Vielleicht spare ich mit diesem Posting jemandem mal ein wenig Zeit bei der Fehlersuche.

-andreas

----------

## TheSmallOne

Viel interessanter wäre es aber zu erfahren, wie man es verhindern kann, dass diese Regeln automatisch angelegt werden.

----------

## Qubit

75-persistent-net-generator.rules löschen.

Qubit

----------

## return13

ohja - den Spaß hat ich auch.....

----------

## TheSmallOne

 *Qubit wrote:*   

> 75-persistent-net-generator.rules löschen.

 

Ist das nciht irgendwie eine ziemlich Holzhammermethode da einfach so eine Datei zu löschen? ich dachte eher an etwas sanfteres, wie z.B. eine Konfigurationsoption irgendwo.

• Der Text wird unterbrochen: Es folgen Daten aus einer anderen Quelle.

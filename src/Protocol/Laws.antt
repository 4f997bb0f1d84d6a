-- ===== src/Protocol/Laws.antt =====
-- What all commands rely on, in one place.
use ledger_sovereign.Base.{ℕ, ◌≡◌, ◌≢◌, some, length}
use ledger_sovereign.Platform.{Platform, IsSane, WritesSizes, WritesTexts, Keeps}
use ledger_sovereign.Device.{Moment}

pub record IsSound {B : Type 0} (p : Platform B) : Type 0 where
  pub sane : IsSane p.build
  pub sizes : WritesSizes p.cx
  pub texts : WritesTexts p.format
  pub keeps : Keeps p.buffering

-- The stack holds a whole private key, and the code of a failing PIN check is not that for a reset
-- of the link.
pub record IsUsual {B : Type 0} (p : Platform B) (now : Moment) : Type 0 where
  pub stack_size : length now.stack ≡ p.private_key_size
  pub no_reset : (e : ℕ) → now.pin_check ≡ some e → e ≢ p.io_reset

Zumal die von die angegebene Datei ja nicht wirklich dafür verantwortlich ist, dass diese Datei unter /etc/udev/rules.d/ entsteht. Die wird erst beim Herunterfahren von /lib/rcscripts/addons/udev-stop.sh angelegt, was m.E. eher der Punkt wäre, an dem man ansetzen müsste.

----------

## DarKRaveR

Ein anderer (von mir bevorzugter) Ansatz ist es immer eigene udev rules für die Netwerkkarten zu machen. Ich bevorzuge symbolische Namen, insbesondere bei mehreren Netzen etc. eine gute Möglichkeit den Überblick zu behalten. Gewöhnt man sich das an bei ner Portierung auf neue Hardware läuft man nicht Gefahr das etwas 'dazwischenfunkt'.

Ums mal auf ein Beispiel (Router) zu bringen: Ein Interface bekommt den Name Uplink, die anderen Netznamen/Gebäudenamen etc. - Ist einfach komfortabler, falls man auch mal Karten umsteckt und man muß nicht immer nach dem richtigen eth* suchen   :Wink:  .

----------